# Attic and Gambrel roof space insulation



## Ceticksho (Aug 14, 2017)

Our bedroom wall got really cold last year at 5 degrees or so and actually had ice form where my head touched (no headboard) but luckily it was small and dried off during the day. 

Which brings to the question of the insulation in the Attic edge facing the outside. Should there be or should I stuff some insulation between the space where directly below would be the wall?

Also our head faces the front of the Gambrel style roof with just enough space to hunch over and crawl. This space obviously gets very cold and saw that it has R19 insulation. Should I replace with something higher? Could I also cover it with plastic sheathing to keep the draft out?

https://i.imgur.com/2uhgQzN.jpg
https://i.imgur.com/1sDKznN.jpg


----------



## Nealtw (Jun 22, 2017)

In the first photo the top of the wall should be insulated. With the floor in that attic area you likely don't have enough insulation below the floor. Any plastic for drafts would have been between the drywall and studs, anywhere else can cause other problems.
Are you getting enough heat in the living space.


----------



## joecaption (Nov 30, 2011)

#1, What's your location?
https://www.energystar.gov/index.cfm?c=home_sealing.hm_improvement_insulation_table
That insulation looks really sloppy to me, and there's none on top of the wall.
NO on the plastic over the insulation!
That would form a vapor barrier on the wrong side of the conditioned surface.
Has the attic been air sealed?
Air sealing is as simple as sealing up around any electric, plumbing, lighting in the attic with spray foam.


----------



## CodeMatters (Aug 16, 2017)

Adding pics to thread:


----------



## Ceticksho (Aug 14, 2017)

Nealtw said:


> In the first photo the top of the wall should be insulated. With the floor in that attic area you likely don't have enough insulation below the floor. Any plastic for drafts would have been between the drywall and studs, anywhere else can cause other problems.
> Are you getting enough heat in the living space.

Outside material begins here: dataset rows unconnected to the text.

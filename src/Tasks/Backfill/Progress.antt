-- ===== src/Tasks/Backfill/Progress.antt =====
-- Reading the owner's events moves the cursor onward and changes nothing else of a checkpoint.
use deixic_python.Base.{
  ℕ, zero, suc, ◌≤◌, String, true, false, ◌≡◌, refl, ap, ◌∙◌, inl, inr, Option, none, some, List,
  [], ◌∷◌, Bool-cases, arith,
}
use deixic_python.Base.Int.{ℤ, pos, negsuc, ◌≤ℤ◌, ltb_ℤ}
use deixic_python.Base.Decimal.{int, str, str_ℕ, int-str_ℕ, value}
use deixic_python.Base.Post.{Post, returned, raised, Post-bind, Post-weaken, Post-state}
use deixic_python.Base.Text.{text_eq_iff}
use deixic_python.Tasks.Checks.{is_decimal}
use deixic_python.Errors.{DeixicError}
use deixic_python.Tasks.Types.{Checkpoint, TaskEvent, EventPage}
use deixic_python.Tasks.Platform.{
  Platform, Call, Session, call, stored_int, application_call, remaining,
}
use deixic_python.Tasks.Platform.Steps.{called, saves_wrapped, parses, remains, wraps}
use deixic_python.Tasks.Pages.{page_refusal, sort_events}
use deixic_python.Tasks.Pages.Accepted.{page_refusal-IsSound}
use deixic_python.Tasks.Backfill.{
  is_skipped, raise_if_refused, advance, notify, deliver, consume, reset, next_page, backfill,
}

int-str : (n : ℕ) → int (str (pos n)) ≡ some (pos n)
unfolding str
int-str n = int-str_ℕ n

canonical : (s : String) → is_decimal s ≡ true → s ≡ str (pos (value 0 s))
unfolding is_decimal str
canonical s h = ground (arith, text_eq_iff (str_ℕ (value 0 s)) s)

same_int : (o : Option ℤ) (m n : ℤ) → o ≡ some m → o ≡ some n → m ≡ n
same_int o m n h k = cc

not_below : (n : ℕ) (r : ℤ) → ltb_ℤ r (pos n) ≡ false → pos n ≤ℤ r
not_below n r h = ground arith

-- A checkpoint at a later cursor, and otherwise the same.
abbrev pub IsPast : Checkpoint → ℕ → Checkpoint → Type 0
IsPast c low d = (n : ℕ) × (low ≤ n) × (d ≡ advance (pos n) c)

moved :
    (c : Checkpoint) (low n : ℕ) (r : ℤ) (d : Checkpoint)
    → low ≤ n
    → pos n ≤ℤ r
    → d ≡ advance (pos n) c
    → IsPast c low (advance r d)
moved c low n (pos m) d h k e = (m, omega arith, ap (advance (pos m)) e)
moved c low n (negsuc m) d h k e = absurd (omega arith)

pub refuses {ℓ} :
    {World : Type 0} {Q : Unit {0} → Session World → Type ℓ} {J : Session World → Type ℓ}
    (o : Option DeixicError) (s : Session World)
    → (o ≡ none → Q tt s)
    → J s
    → Post Q J (raise_if_refused o s)
refuses none s q j = returned tt s (q refl)
refuses (some e) s q j = raised _ s j

module _ (P : Platform) (on_checkpoint : Option (Checkpoint → Call P.World (Unit {0})))
    (on_event : Option (TaskEvent → Call P.World (Unit {0}))) where
  -- The checkpoint of a handle.
  abbrev Has : Checkpoint → Session P.World → Type 0
  Has c s = s.task.checkpoint ≡ c

  notify-Has :
      (c : Checkpoint) (e : TaskEvent) (s : Session P.World)
      → Has c s
      → Post (λ _. Has c) (Has c) (notify P on_checkpoint on_event e s)
  unfolding notify application_call
  notify-Has c e s h =
      elim on_event as (λ f. Post (λ _. Has c) (Has c) (notify P on_checkpoint f e s)) [
        | none ↦ returned tt s h
        | some f ↦ wraps _ (called (f e) s (λ a w x. h) (λ w. h))
      ]

  deliver-Has :
      (c : Checkpoint) (turn_id : String) (cursor : ℤ) (seen : List ℤ) (es : List TaskEvent)
      (s : Session P.World)
      → Has c s
      → Post (λ _. Has c) (Has c) (deliver P on_checkpoint on_event turn_id cursor seen es s)
  unfolding deliver
  deliver-Has c turn_id cursor seen [] s h = returned tt s h
  deliver-Has c turn_id cursor seen (e ∷ es) s h =
      elim (Bool-cases (is_skipped turn_id cursor seen e)) [
        | inl skipped ↦ rw skipped (deliver-Has c turn_id cursor seen es s h)
        | inr delivered ↦ rw delivered (
            Post-bind (notify P on_checkpoint on_event e) _ s (notify-Has c e s h)
              λ a t x g. deliver-Has c turn_id cursor (e.cursor ∷ seen) es _ g)
      ]

  abbrev Past : Checkpoint → ℕ → Session P.World → Type 0
  Past c low s = IsPast c low s.task.checkpoint

  reset-Past :
      (c : Checkpoint) (low n : ℕ) (snapshot : Option ℤ) (s : Session P.World)
      → low ≤ n
      → Has (advance (pos n) c) s
      → Post (λ _. Past c low) (Past c low) (reset P on_checkpoint on_event snapshot (pos n) s)
  unfolding reset
  reset-Past c low n none s h e = raised _ s (n, h, e)
  reset-Past c low n (some r) s h e = elim (Bool-cases (ltb_ℤ r (pos n))) [
    | inl back ↦ rw back (raised _ s (n, h, e))
    | inr onward ↦ rw onward (
        saves_wrapped on_checkpoint _ (λ w. moved c low n r _ h (not_below n r onward) e)
          (λ w. moved c low n r _ h (not_below n r onward) e))
  ]

  consume-Past :
      (c : Checkpoint) (low n : ℕ) (page : EventPage) (s : Session P.World)
      → low ≤ n
      → Has (advance (pos n) c) s
      → Post (λ _. Past c low) (Past c low) (consume P on_checkpoint on_event page (pos n) s)
  unfolding consume
  consume-Past c low n page s h e =
      Post-bind (raise_if_refused (page_refusal P.serialize page (pos n))) _ s
        (refuses
          {Q = λ _ t. (page_refusal P.serialize page (pos n) ≡ none) × Has (advance (pos n) c) t} _
          s (λ clear. (clear, e)) (n, h, e))
        λ _ t _ (clear, same).
          Post-bind
            (deliver P on_checkpoint on_event t.task.checkpoint.turn_id (pos n) []
              (sort_events page.events))
            _ t
            (Post-weaken _ (deliver-Has _ _ (pos n) [] _ t same) (λ _ _ g. g) (λ _ g. (n, h, g)))
            λ _ u _ g.
              let onward = (page_refusal-IsSound P.serialize page (pos n) clear).onward in
              saves_wrapped on_checkpoint _ (λ w. moved c low n page.next_cursor _ h onward g)
                (λ w. moved c low n page.next_cursor _ h onward g)

  -- The page and the cursor at which it was asked for.
  next_page-Past :
      (c : Checkpoint) (low n : ℕ) (deadline : Option ℕ) (s : Session P.World)
      → low ≤ n
      → Has (advance (pos n) c) s
      → Post
          (λ x t. (x.1 ≡ pos n) × Has (advance (pos n) c) t)
          (Past c low)
          (next_page P on_checkpoint on_event deadline s)
  unfolding next_page
  next_page-Past c low n deadline s h e =
      Post-bind (stored_int s.task.checkpoint.cursor) _ s
        (parses {Q = λ m t. (m ≡ pos n) × Has (advance (pos n) c) t} _ s
          (λ m x. (same_int _ m (pos n) x (ap (λ (d : Checkpoint). int d.cursor) e ∙ int-str n), e))
          (n, h, e))
        λ m t _ (at, g).
          Post-bind (remaining P deadline) _ t
            (remains P {Q = λ _. Has (advance (pos n) c)} deadline t (λ _ w. g) (λ w. (n, h, g)))
            λ left u _ k.
              Post-bind
                (call (
                  P.list_events (record {
                    channel_id = s.task.checkpoint.channel_id;
                    after_cursor = m;
                    timeout = left;
                  })))
                _ u
                (called {Q = λ _. Has (advance (pos n) c)}
                  (P.list_events (record {
                    channel_id = s.task.checkpoint.channel_id;
                    after_cursor = m;
                    timeout = left;
                  }))
                  u (λ _ w _. k) (λ w. (n, h, k)))
                λ page v _ l. returned (page, m) v (at, l)

  pub backfill-Past :
      (pages : ℕ) (c : Checkpoint) (low n : ℕ) (deadline : Option ℕ) (s : Session P.World)
      → low ≤ n
      → Has (advance (pos n) c) s
      → Post (λ _. Past c low) (Past c low) (backfill P on_checkpoint on_event pages deadline s)
  unfolding backfill
  backfill-Past zero c low n deadline s h e = returned false s (n, h, e)
  backfill-Past (suc pages) c low n deadline s h e =
      Post-bind (next_page P on_checkpoint on_event deadline) _ s
        (next_page-Past c low n deadline s h e)
        λ (page, cursor) t _ (at, g). elim (Bool-cases page.reset_required) [
          | inl renewed ↦
              rw (renewed, at)
                (Post-bind (reset P on_checkpoint on_event page.snapshot (pos n)) _ t
                  (reset-Past c low n page.snapshot t h g) λ _ u _ k. returned true u k)
          | inr kept ↦
              rw (kept, at)
                (Post-bind (consume P on_checkpoint on_event page (pos n)) _ t
                  (consume-Past c low n page t h g)
                  λ _ u _ k. elim (Bool-cases page.has_more) [
                    | inl more ↦ rw more (backfill-Past pages c low k.0 deadline u k.1 k.2)
                    | inr last ↦ rw last (returned true u k)
                  ])
        ]

  pub at-canonical :
      (d : Checkpoint) → is_decimal d.cursor ≡ true → d ≡ advance (pos (value 0 d.cursor)) d
  at-canonical d h = λ i. record d { cursor = canonical d.cursor h i }

  -- Reading the owner's events, from a checkpoint whose cursor is canonical, leaves a canonical cursor
  -- that is at least the one before and changes nothing else of the checkpoint: not the request, the
  -- tenant, the submission, the turn or its sequence. This holds whether it returns or raises,
  -- whatever the server and the application's callbacks do, resets by the server included.
  pub backfill-IsPast :
      (pages : ℕ) (deadline : Option ℕ) (s : Session P.World)
      → is_decimal s.task.checkpoint.cursor ≡ true
      → IsPast s.task.checkpoint
          (value 0 s.task.checkpoint.cursor)
          (backfill P on_checkpoint on_event pages deadline s).1.task.checkpoint
  backfill-IsPast pages deadline s h =
      let c = s.task.checkpoint in
      Post-state (Past c (value 0 c.cursor)) (backfill P on_checkpoint on_event pages deadline s)
        (backfill-Past pages c (value 0 c.cursor) (value 0 c.cursor) deadline s (omega arith)
          (at-canonical c h))
        (λ _ t k. k) (λ t k. k)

We are in New Hampshire. Okay will definitely get some insulation in there. We do have efficient oil heating boiler BUT we are in the process of replacing some of the original windows (home was built in 1988) so there's a draft which we temporary used plastic sheets last winter being the first winter in this house.



joecaption said:


> #1, What's your location?
> https://www.energystar.gov/index.cfm?c=home_sealing.hm_improvement_insulation_table
> That insulation looks really sloppy to me, and there's none on top of the wall.
> NO on the plastic over the insulation!
> ...


Okay I figured there was a reason plastics aren't used with the insulation. 
So the attic wall should be covered all the way to the top where the attic vent side is minus the underneath the roof?

As far as I know they are air sealed but yes, I agree on the insulation being sloppy as they don't feel snug but rather loose that I can just pull away and feel like they may fall any time soon.

Now that I think about it, on the second photo if I walk all the way across, the triangular wall facing outside has no insulation there either.


----------



## Nealtw (Jun 22, 2017)

Ceticksho said:


> We are in New Hampshire. Okay will definitely get some insulation in there. We do have efficient oil heating boiler BUT we are in the process of replacing some of the original windows (home was built in 1988) so there's a draft which we temporary used plastic sheets last winter being the first winter in this house.
> 
> 
> 
> ...


 The outer wall with roofing on it should not be insulated. When Joe mentioned air sealing he is talking about sealing around outlets and any other holes between warm and cold spaces.
Frost on the wall says that heat is not getting to that area, the insulation slows heat loss but you have to have heat to lose. You may need a fan to circulate the heat.


----------